GitHub - erictleung/NLMITC19: :speaker: Twitter analysis of #NLMITC19

Load libraries
Query data
General tweet prevalence over time
Most prolific tweeters?
Relationship between follower count and tweet popularity
Chatterplot of tweet words
Session information

Load libraries

library(tidyverse)
library(tidytext)
library(ggrepel)

if (!requireNamespace("rtweet", quietly = TRUE)) install.packages("rtweet")
library(rtweet)

Query data

Below is the code to query the Twitter data for the #NLMITC19. I ran this at 2019-06-28 22:50.

rt <- search_tweets("#NLMITC19 OR #NLMIT19", n = 1800, include_rts = FALSE)

saveRDS(rt, "nlmitc19_search.rds")
saveRDS(rt$status_id, "nlmitc19_search-ids.rds")

But instead, here I’ll just look up the status IDs.

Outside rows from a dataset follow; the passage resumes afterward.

-- ===== src/Contract/Parts.antt =====
-- The parts of a task contract (crates/patchwright-core/src/contract.rs).
use patchwright.Prelude.{
  ℕ, Bool, ◌||◌, List, [], ◌∷◌, any, is_empty, ◌==◌, list_eq, nat_eq, if◌then◌else◌, ok, ◌>>◌,
  ◌>>=◌, reject_if, contains,
}
use patchwright.Prelude.Text.{Text, codes, is_control, trim}
use patchwright.Contract.Fields.{Validated, invalid_field, nonempty, validate_sha256, is_absolute}

pub record InstructionDigest : Type 0 where
  pub source : Text
  pub sha256 : Text
  pub precedence : ℕ

-- `InstructionDigest::new`.
unfoldable pub new_digest : Text → Text → ℕ → Validated InstructionDigest
new_digest source sha256 precedence = do
  nonempty source "instructionSource"
  validate_sha256 sha256 "instructionSha256"
  ok (record { source = source; sha256 = sha256; precedence = precedence })

pub record VerificationCommand : Type 0 where
  pub program : Text
  pub args : List Text

abbrev pub has_control : Text → Bool
has_control text = any text is_control

-- `VerificationCommand::new`, which reading a command calls too.
unfoldable pub new_command : Text → List Text → Validated VerificationCommand
new_command program args = do
  nonempty program "verificationProgram"
  reject_if (has_control program) (invalid_field "verificationProgram")
  reject_if (any args has_control) (invalid_field "verificationArgument")
  ok (record { program = program; args = args })

pub data RiskClass : Type 0 where
  low moderate high critical : RiskClass

pub record SensitivePath : Type 0 where
  pub path : Text
  pub reason : Text

abbrev prepend : ℕ → List Text → List Text
prepend c [] = (c ∷ []) ∷ []
prepend c (segment ∷ rest) = (c ∷ segment) ∷ rest

-- The parts of a path between its slashes.
unfoldable pub segments : Text → List Text
segments [] = [] ∷ []
segments (c ∷ s) = let rest = segments s in if c == b'/' then [] ∷ rest else prepend c rest

abbrev pub is_parent_dir : Text → Bool
is_parent_dir segment = segment == codes ".."

-- The test on the path in `SensitivePath::new`: on Unix the components other than names and `.` are
-- the root, which an absolute path has, and `..`.
unfoldable pub is_bad_path : Text → Bool
is_bad_path path = is_empty (trim path) || is_absolute path || any (segments path) is_parent_dir

-- `SensitivePath::new`.
unfoldable pub new_sensitive_path : Text → Text → Validated SensitivePath
new_sensitive_path path reason = do
  reject_if (is_bad_path path) (invalid_field "sensitivePath")
  nonempty reason "sensitivePathReason"
  ok (record { path = path; reason = reason })

-- `map(f).collect::<Result<Vec<_>, _>>()`.
unfoldable pub collect_all : {A B : Type 0} → (A → Validated B) → List A → Validated (List B)
collect_all f [] = ok []
collect_all f (a ∷ rest) = do b ← f a; bs ← collect_all f rest; ok (b ∷ bs)

-- `collect::<HashSet<_>>()`.
unfoldable pub collect_set : List ℕ → List ℕ
collect_set [] = []
collect_set (x ∷ xs) = let rest = collect_set xs in if contains rest x then rest else x ∷ rest
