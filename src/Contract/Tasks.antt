-- ===== src/Contract/Tasks.antt =====
-- Task contracts of crates/patchwright-core/src/contract.rs.
use patchwright.Prelude.{
  ℕ, Bool, false, not, ◌||◌, List, Option, some, any, is_empty, length, contains, map, ◌==◌,
  option_eq, list_eq, nat_eq, ok, ◌>>◌, ◌>>=◌, reject_if,
}
use patchwright.Prelude.Text.{Text, trim}
use patchwright.Policy.Capabilities.{Capability}
use patchwright.Contract.Fields.{
  Validated, invalid_field, nonempty, validate_optional_git_sha, validate_sha256,
}
use patchwright.Contract.Source.{TaskSource, github_pull_request, revalidate_task_source}
use patchwright.Contract.Parts.{
  InstructionDigest, new_digest, VerificationCommand, new_command, RiskClass, SensitivePath,
  new_sensitive_path, collect_all, collect_set,
}

abbrev pub current_task_contract_version : ℕ
current_task_contract_version = 2

pub record TaskContractDraft : Type 0 where
  pub task_id : ℕ
  pub source : TaskSource
  pub repository_binding_id : ℕ
  pub goal : Text
  pub acceptance_criteria : List Text
  pub base_sha : Option Text
  pub head_sha : Option Text
  pub source_sha256 : Text
  pub repository_sha256 : Text
  pub instruction_digests : List InstructionDigest
  pub verification_commands : List VerificationCommand
  pub required_capabilities : List Capability
  pub risk : RiskClass
  pub sensitive_paths : List SensitivePath
  pub dependencies : List ℕ

pub record TaskContract : Type 0 where
  pub version : ℕ
  pub task_id : ℕ
  pub source : TaskSource
  pub repository_binding_id : ℕ
  pub goal : Text
  pub acceptance_criteria : List Text
  pub base_sha : Option Text
  pub head_sha : Option Text
  pub source_sha256 : Text
  pub repository_sha256 : Text
  pub instruction_digests : List InstructionDigest
  pub verification_commands : List VerificationCommand
  pub required_capabilities : List Capability
  pub risk : RiskClass
  pub sensitive_paths : List SensitivePath
  pub dependencies : List ℕ

-- What a JSON object of a contract holds, its parts already read.
pub record TaskContractWire : Type 0 where
  pub version : ℕ
  pub task_id : ℕ
  pub source : TaskSource
  pub repository_binding_id : ℕ
  pub goal : Text
  pub acceptance_criteria : List Text
  pub base_sha : Option Text
  pub head_sha : Option Text
  pub source_sha256 : Text
  pub repository_sha256 : Text
  pub instruction_digests : List InstructionDigest
  pub verification_commands : List VerificationCommand
  pub required_capabilities : List Capability
  pub risk : RiskClass
  pub sensitive_paths : List SensitivePath
  pub dependencies : List ℕ

-- The tests of the trimmed criteria.
unfoldable pub is_bad_criteria : List Text → Bool
is_bad_criteria criteria = is_empty criteria || any criteria is_empty

-- The test on the commits of a pull request.
unfoldable pub is_unbound : TaskSource → Option Text → Option Text → Bool
is_unbound (github_pull_request source) base_sha head_sha =
    not (base_sha == some source.base_sha) || not (head_sha == some source.head_sha)
is_unbound _ base_sha head_sha = false

unfoldable pub is_bad_dependencies : ℕ → List ℕ → Bool
is_bad_dependencies task_id dependencies =
    not (length (collect_set dependencies) == length dependencies)
    || contains (collect_set dependencies) task_id

abbrev pub revalidate_digest : InstructionDigest → Validated InstructionDigest
revalidate_digest d = new_digest d.source d.sha256 d.precedence

abbrev pub revalidate_command : VerificationCommand → Validated VerificationCommand
revalidate_command c = new_command c.program c.args

abbrev pub revalidate_path : SensitivePath → Validated SensitivePath
revalidate_path p = new_sensitive_path p.path p.reason

-- `TaskContract::try_from`.
unfoldable pub try_from : TaskContractDraft → Validated TaskContract
try_from draft = do
  nonempty (trim draft.goal) "goal"
  source ← revalidate_task_source draft.source
  reject_if (is_bad_criteria (map trim draft.acceptance_criteria))
      (invalid_field "acceptanceCriteria")
  validate_optional_git_sha draft.base_sha "baseSha"
  validate_optional_git_sha draft.head_sha "headSha"
  validate_sha256 draft.source_sha256 "sourceSha256"
  validate_sha256 draft.repository_sha256 "repositorySha256"
  reject_if (is_empty draft.verification_commands) (invalid_field "verificationCommands")
  instruction_digests ← collect_all revalidate_digest draft.instruction_digests
  verification_commands ← collect_all revalidate_command draft.verification_commands
  sensitive_paths ← collect_all revalidate_path draft.sensitive_paths
  reject_if (is_unbound source draft.base_sha draft.head_sha)
      (invalid_field "pullRequestShaBinding")
  reject_if (is_bad_dependencies draft.task_id draft.dependencies) (invalid_field "dependencies")
  ok (record {
    version = current_task_contract_version;
    task_id = draft.task_id;
    source = source;
    repository_binding_id = draft.repository_binding_id;
    goal = trim draft.goal;
    acceptance_criteria = map trim draft.acceptance_criteria;
    base_sha = draft.base_sha;
    head_sha = draft.head_sha;
    source_sha256 = draft.source_sha256;
    repository_sha256 = draft.repository_sha256;
    instruction_digests = instruction_digests;
    verification_commands = verification_commands;
    required_capabilities = draft.required_capabilities;
    risk = draft.risk;
    sensitive_paths = sensitive_paths;
    dependencies = draft.dependencies;
  })

abbrev pub draft_of : TaskContractWire → TaskContractDraft
draft_of wire = record {
  task_id = wire.task_id;
  source = wire.source;
  repository_binding_id = wire.repository_binding_id;
  goal = wire.goal;
  acceptance_criteria = wire.acceptance_criteria;
  base_sha = wire.base_sha;
  head_sha = wire.head_sha;
  source_sha256 = wire.source_sha256;
  repository_sha256 = wire.repository_sha256;
  instruction_digests = wire.instruction_digests;
  verification_commands = wire.verification_commands;
  required_capabilities = wire.required_capabilities;
  risk = wire.risk;
  sensitive_paths = wire.sensitive_paths;
  dependencies = wire.dependencies;
}

-- `TaskContract::deserialize`, from the wire on. serde's error for a version is a text.
unfoldable pub deserialize : TaskContractWire → Validated TaskContract
deserialize wire = do
  reject_if (not (wire.version == 1 || wire.version == current_task_contract_version))
      (invalid_field "version")
  contract ← try_from (draft_of wire)
  ok (record contract { version = wire.version })

-- What the derived `Serialize` writes of a contract.
abbrev pub serialize : TaskContract → TaskContractWire
serialize contract = record {
  version = contract.version;
  task_id = contract.task_id;
  source = contract.source;
  repository_binding_id = contract.repository_binding_id;
  goal = contract.goal;
  acceptance_criteria = contract.acceptance_criteria;
  base_sha = contract.base_sha;
  head_sha = contract.head_sha;
  source_sha256 = contract.source_sha256;
  repository_sha256 = contract.repository_sha256;
  instruction_digests = contract.instruction_digests;
  verification_commands = contract.verification_commands;
  required_capabilities = contract.required_capabilities;
  risk = contract.risk;
  sensitive_paths = contract.sensitive_paths;
  dependencies = contract.dependencies;
}
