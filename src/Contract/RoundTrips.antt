-- ===== src/Contract/RoundTrips.antt =====
-- A contract that was written is read back as it was (crates/patchwright-core/src/contract.rs).
use patchwright.Prelude.{
  ℕ, ◌≡◌, refl, ◌∙◌, sym, subst, List, [], ◌∷◌, map, ok, >>=-eq-ok, >>-eq-ok, ◌>>=◌, reject_if,
  reject_if-eq-ok, false, ok-injective, any, is_empty, not, ◌==◌, nat_eq, ◌||◌,
}
use patchwright.Prelude.Text.{Text, trim}
use patchwright.Prelude.Text.Laws.{trim_idempotent}
use patchwright.Contract.Fields.{
  Validated, invalid_field, nonempty, validate_optional_git_sha, validate_sha256,
  validate_github_item, validate_ref, validate_git_sha,
}
use patchwright.Contract.Source.{
  local_request, github_issue, github_pull_request, revalidate_task_source, new_github_issue,
  new_github_pull_request,
}
use patchwright.Contract.Parts.{
  new_digest, new_command, new_sensitive_path, collect_all, has_control, is_bad_path,
}
use patchwright.Contract.Tasks.{
  TaskContractDraft, TaskContract, TaskContractWire, is_bad_criteria, is_unbound,
  is_bad_dependencies, current_task_contract_version, revalidate_digest, revalidate_command,
  revalidate_path, try_from, draft_of, deserialize, serialize,
}

map-trim-map-trim : (texts : List Text) → map trim (map trim texts) ≡ map trim texts
map-trim-map-trim [] = refl
map-trim-map-trim (t ∷ ts) = rw (trim_idempotent t, map-trim-map-trim ts) refl

-- A validator that returns what it is given.
abbrev Keeps : {A : Type 0} → (A → Validated A) → Type 0
Keeps {A} check = (a b : A) → check a ≡ ok b → a ≡ b

kept-eq-ok :
    {A B : Type 0} (check : A → Validated A) (a : A) (rest : A → Validated B) {value : B}
    → Keeps check
    → (check a >>= rest) ≡ ok value
    → rest a ≡ ok value
kept-eq-ok check a rest {value} keeps e =
    let (b, given, same) = >>=-eq-ok (check a) rest e in
    subst (λ x. rest x ≡ ok value) (sym (keeps a b given)) same

revalidate_digest-Keeps : Keeps revalidate_digest
unfolding new_digest
revalidate_digest-Keeps a b e =
    ok-injective (>>-eq-ok (validate_sha256 a.sha256 _) _ (>>-eq-ok (nonempty a.source _) _ e).1).1

revalidate_command-Keeps : Keeps revalidate_command
unfolding new_command
revalidate_command-Keeps a b e =
    let program = >>-eq-ok (nonempty a.program _) _ e in
    let clean = >>-eq-ok (reject_if (has_control a.program) _) _ program.1 in
    ok-injective (>>-eq-ok (reject_if (any a.args has_control) _) _ clean.1).1

revalidate_path-Keeps : Keeps revalidate_path
unfolding new_sensitive_path
revalidate_path-Keeps a b e =
    let path = >>-eq-ok (reject_if (is_bad_path a.path) _) _ e in
    ok-injective (>>-eq-ok (nonempty a.reason _) _ path.1).1

revalidate_task_source-Keeps : Keeps revalidate_task_source
unfolding revalidate_task_source new_github_issue new_github_pull_request
revalidate_task_source-Keeps local_request b e = ok-injective e
revalidate_task_source-Keeps (github_issue s) b e = ok-injective (>>-eq-ok _ _ e).1
revalidate_task_source-Keeps (github_pull_request s) b e =
    let item =
      >>-eq-ok (validate_github_item s.repository_id s.repository_full_name s.number s.html_url) _
        e in
    let base_ref = >>-eq-ok (validate_ref s.base_ref "baseRef") _ item.1 in
    let head_ref = >>-eq-ok (validate_ref s.head_ref "headRef") _ base_ref.1 in
    let base_sha = >>-eq-ok (validate_git_sha s.base_sha "baseSha") _ head_ref.1 in
    ok-injective (>>-eq-ok (validate_git_sha s.head_sha "headSha") _ base_sha.1).1

collect_all-Keeps : {A : Type 0} (check : A → Validated A) → Keeps check → Keeps (collect_all check)
unfolding collect_all
collect_all-Keeps check keeps [] b e = ok-injective e
collect_all-Keeps check keeps (a ∷ rest) b e =
    let (x, ex, e) = >>=-eq-ok (check a) _ e in
    let (xs, exs, e) = >>=-eq-ok (collect_all check rest) _ e in
    rw (keeps a x ex, collect_all-Keeps check keeps rest xs exs) (ok-injective e)

collect_digests-Keeps : Keeps (collect_all revalidate_digest)
collect_digests-Keeps = collect_all-Keeps revalidate_digest revalidate_digest-Keeps

collect_commands-Keeps : Keeps (collect_all revalidate_command)
collect_commands-Keeps = collect_all-Keeps revalidate_command revalidate_command-Keeps

collect_paths-Keeps : Keeps (collect_all revalidate_path)
collect_paths-Keeps = collect_all-Keeps revalidate_path revalidate_path-Keeps

-- The contract that `try_from` makes of a draft.
abbrev pub made : TaskContractDraft → TaskContract
made d = record {
  version = current_task_contract_version;
  task_id = d.task_id;
  source = d.source;
  repository_binding_id = d.repository_binding_id;
  goal = trim d.goal;
  acceptance_criteria = map trim d.acceptance_criteria;
  base_sha = d.base_sha;
  head_sha = d.head_sha;
  source_sha256 = d.source_sha256;
  repository_sha256 = d.repository_sha256;
  instruction_digests = d.instruction_digests;
  verification_commands = d.verification_commands;
  required_capabilities = d.required_capabilities;
  risk = d.risk;
  sensitive_paths = d.sensitive_paths;
  dependencies = d.dependencies;
}

-- What is known once `try_from` accepts a draft: the contract, and the checks that passed.
pub record IsAccepted (d : TaskContractDraft) (c : TaskContract) : Type 0 where
  pub same : made d ≡ c
  pub goal : nonempty (trim d.goal) "goal" ≡ ok tt
  pub criteria : is_bad_criteria (map trim d.acceptance_criteria) ≡ false
  pub commands : is_empty d.verification_commands ≡ false
  pub bound : is_unbound d.source d.base_sha d.head_sha ≡ false
  pub dependencies : is_bad_dependencies d.task_id d.dependencies ≡ false

pub try_from-IsAccepted :
    (d : TaskContractDraft) (c : TaskContract) → try_from d ≡ ok c → IsAccepted d c
unfolding try_from
try_from-IsAccepted d c e =
    let goal = >>-eq-ok (nonempty (trim d.goal) "goal") _ e in
    let e = kept-eq-ok revalidate_task_source d.source _ revalidate_task_source-Keeps goal.1 in
    let criteria = >>-eq-ok (reject_if (is_bad_criteria (map trim d.acceptance_criteria)) _) _ e in
    let e = (>>-eq-ok (validate_optional_git_sha d.base_sha "baseSha") _ criteria.1).1 in
    let e = (>>-eq-ok (validate_optional_git_sha d.head_sha "headSha") _ e).1 in
    let e = (>>-eq-ok (validate_sha256 d.source_sha256 "sourceSha256") _ e).1 in
    let e = (>>-eq-ok (validate_sha256 d.repository_sha256 "repositorySha256") _ e).1 in
    let commands = >>-eq-ok (reject_if (is_empty d.verification_commands) _) _ e in
    let e = kept-eq-ok (collect_all revalidate_digest) _ _ collect_digests-Keeps commands.1 in
    let e = kept-eq-ok (collect_all revalidate_command) _ _ collect_commands-Keeps e in
    let e = kept-eq-ok (collect_all revalidate_path) _ _ collect_paths-Keeps e in
    let bound = >>-eq-ok (reject_if (is_unbound d.source d.base_sha d.head_sha) _) _ e in
    let last = >>-eq-ok (reject_if (is_bad_dependencies d.task_id d.dependencies) _) _ bound.1 in
    record {
      same = ok-injective last.1;
      goal = goal.0;
      criteria = reject_if-eq-ok _ _ criteria.0;
      commands = reject_if-eq-ok _ _ commands.0;
      bound = reject_if-eq-ok _ _ bound.0;
      dependencies = reject_if-eq-ok _ _ last.0;
    }

try_from-again : (d : TaskContractDraft) → try_from (draft_of (serialize (made d))) ≡ try_from d
unfolding try_from
try_from-again d = rw (trim_idempotent d.goal, map-trim-map-trim d.acceptance_criteria) refl

-- A contract that was validated passes validation again as it is.
try_from-try_from :
    (d : TaskContractDraft) (c : TaskContract)
    → try_from d ≡ ok c
    → try_from (draft_of (serialize c)) ≡ ok c
try_from-try_from d c e =
    subst (λ x. try_from (draft_of (serialize x)) ≡ ok c) (try_from-IsAccepted d c e).same
      (try_from-again d ∙ e)

version_kept :
    (version : ℕ) (v : TaskContract)
    → reject_if
        (not (version == 1 || version == current_task_contract_version))
        (invalid_field "version")
      ≡ ok tt
    → try_from (draft_of (serialize v)) ≡ ok v
    → deserialize (serialize (record v { version = version })) ≡ ok (record v { version = version })
unfolding deserialize
version_kept version v h k = rw (h, k) refl

-- A contract that was read is written in a form that is read back as the same contract.
pub deserialize_lem :
    (wire : TaskContractWire) (c : TaskContract)
    → deserialize wire ≡ ok c
    → deserialize (serialize c) ≡ ok c
unfolding deserialize
deserialize_lem wire c e =
    let version =
      >>-eq-ok
        (reject_if (not (wire.version == 1 || wire.version == current_task_contract_version)) _) _
        e in
    let (v, ev, same) = >>=-eq-ok (try_from (draft_of wire)) _ version.1 in
    subst (λ c. deserialize (serialize c) ≡ ok c) (ok-injective same)
      (version_kept wire.version v version.0 (try_from-try_from (draft_of wire) v ev))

ids_file <- "nlmitc19_search-ids.rds"
nlmitc19_file <- "nlmitc19_search.rds"


# Read in search directly if exists
if (file.exists(nlmitc19_file)) {
  rt <- readRDS(nlmitc19_file)
} else {
  # Download status IDs file
  download.file(
    "https://github.com/erictleung/NLMITC19/blob/master/data/nlmitc19_search-ids.rds?raw=true",
    ids_file
  )

  # Read status IDs from downloaded file
  ids <- readRDS(ids_file)


  # Lookup data associated with status ids
  rt <- rtweet::lookup_tweets(ids)
}

General tweet prevalence over time

Code modified from rstudioconf_tweets.

rt %>%
  ts_plot("30 minutes", color = "transparent") +
  geom_smooth(method = "loess",
              se = FALSE,
              span = 0.05,
              size = 2,
              color = "#0066aa") +
  geom_point(size = 5,
             shape = 21,
             fill = "#ADFF2F99",
             color = "#000000dd") +

  # ggplot2 theme 
  theme_minimal(base_size = 15) +
  theme(axis.text = element_text(colour = "#222222"),
        plot.title = element_text(size = rel(1.7), face = "bold"),
        plot.subtitle = element_text(size = rel(1.3)),
        plot.caption = element_text(colour = "#444444")) +

  # Caption information
  labs(title = "Frequency of tweets about #NLMITC19 over time",
       subtitle = "Twitter status counts aggregated using half-hour intervals",
       caption = "\n\nSource: Data gathered via Twitter's standard `search/tweets` API using rtweet",
       x = NULL, y = NULL)

Makes sense considering there were two days of conference time.

Most prolific tweeters?

rt %>%
  group_by(screen_name) %>%
  summarise(tweets = n()) %>%
  ggplot(aes(x = tweets, y = reorder(screen_name, tweets))) +
  geom_point() +

  # Theme styling information
  theme_minimal(base_size = 15) +
  theme(axis.text = element_text(colour = "#222222"),
        plot.title = element_text(size = rel(1.7), face = "bold"),
        plot.subtitle = element_text(size = rel(1.3)),
        plot.caption = element_text(colour = "#444444")) +

  # Labels
  labs(title = "Top tweeters using\n#NLMITC19 or #NLMIT19",
       x = "Total number of tweets",
       y = "Twitter username",
       caption = "\n\nSource: Data gathered via Twitter's standard `search/tweets` API using rtweet")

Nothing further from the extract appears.